Problem. Return the records below from the line containing "(end : Kernel)" onward, exactly, through and including the last line.

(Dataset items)
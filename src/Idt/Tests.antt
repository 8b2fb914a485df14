-- ===== src/Idt/Tests.antt =====
-- Interrupts of a table, and an exception of the sample machine
use unix_operation_system.Prelude.{ℕ, ◌%◌, ◌≡◌, arith, none, leb, ◌==◌, if◌then◌else◌}
use unix_operation_system.Sample.{kernel}
use unix_operation_system.Sample.{table-IsValid}
use unix_operation_system.State.{Kernel}
use unix_operation_system.Process.{sys_halt}
use unix_operation_system.Process.Halt.{EndsIn, Left, Reports}
use unix_operation_system.Idt.{Handlers, idt_init, reset_gate, exception_function}
use unix_operation_system.Idt.Gates.{InSpace, deliver, function_of, idt_init-deliver}
use unix_operation_system.Idt.Exceptions.{exception_function-Left}

abbrev handlers : Handlers
handlers = record {
  exception = λ n. 0x400000;
  pit_handler_linkage = 0x401000;
  keyboard_handler_linkage = 0x402000;
  rtc_handler_linkage = 0x403000;
  syscall_handler = 0x404000;
}

handlers-InSpace : InSpace handlers
handlers-InSpace = record {
  exceptions = λ n. omega arith;
  pit = omega arith;
  keyboard = omega arith;
  rtc = omega arith;
  syscall = omega arith;
}

idt_init-deliver_example :
    deliver (idt_init handlers (λ n. reset_gate) 0x80) 3
    ≡ (if leb 3 (if 0x80 == 0x80 then 3 else 0) then function_of handlers 0x80 else none)
idt_init-deliver_example =
    idt_init-deliver handlers (λ n. reset_gate) 0x80 3 handlers-InSpace (omega arith)

-- The second process has a page fault.
abbrev child : Kernel
child = record kernel { current_pcb_pointer = 2 }

exception_function-Left_example :
    (end : Kernel) × (EndsIn end (exception_function 14 child)
      × Left child end
      × Reports 256 (exception_function 14 child)
      × ((status : ℕ) → Reports (status % 256) (sys_halt end status)))
exception_function-Left_example = exception_function-Left child 14 table-IsValid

Response area.
    (end : Kernel) × (EndsIn end (exception_function 14 child)
      × Left child end
      × Reports 256 (exception_function 14 child)
      × ((status : ℕ) → Reports (status % 256) (sys_halt end status)))
exception_function-Left_example = exception_function-Left child 14 table-IsValid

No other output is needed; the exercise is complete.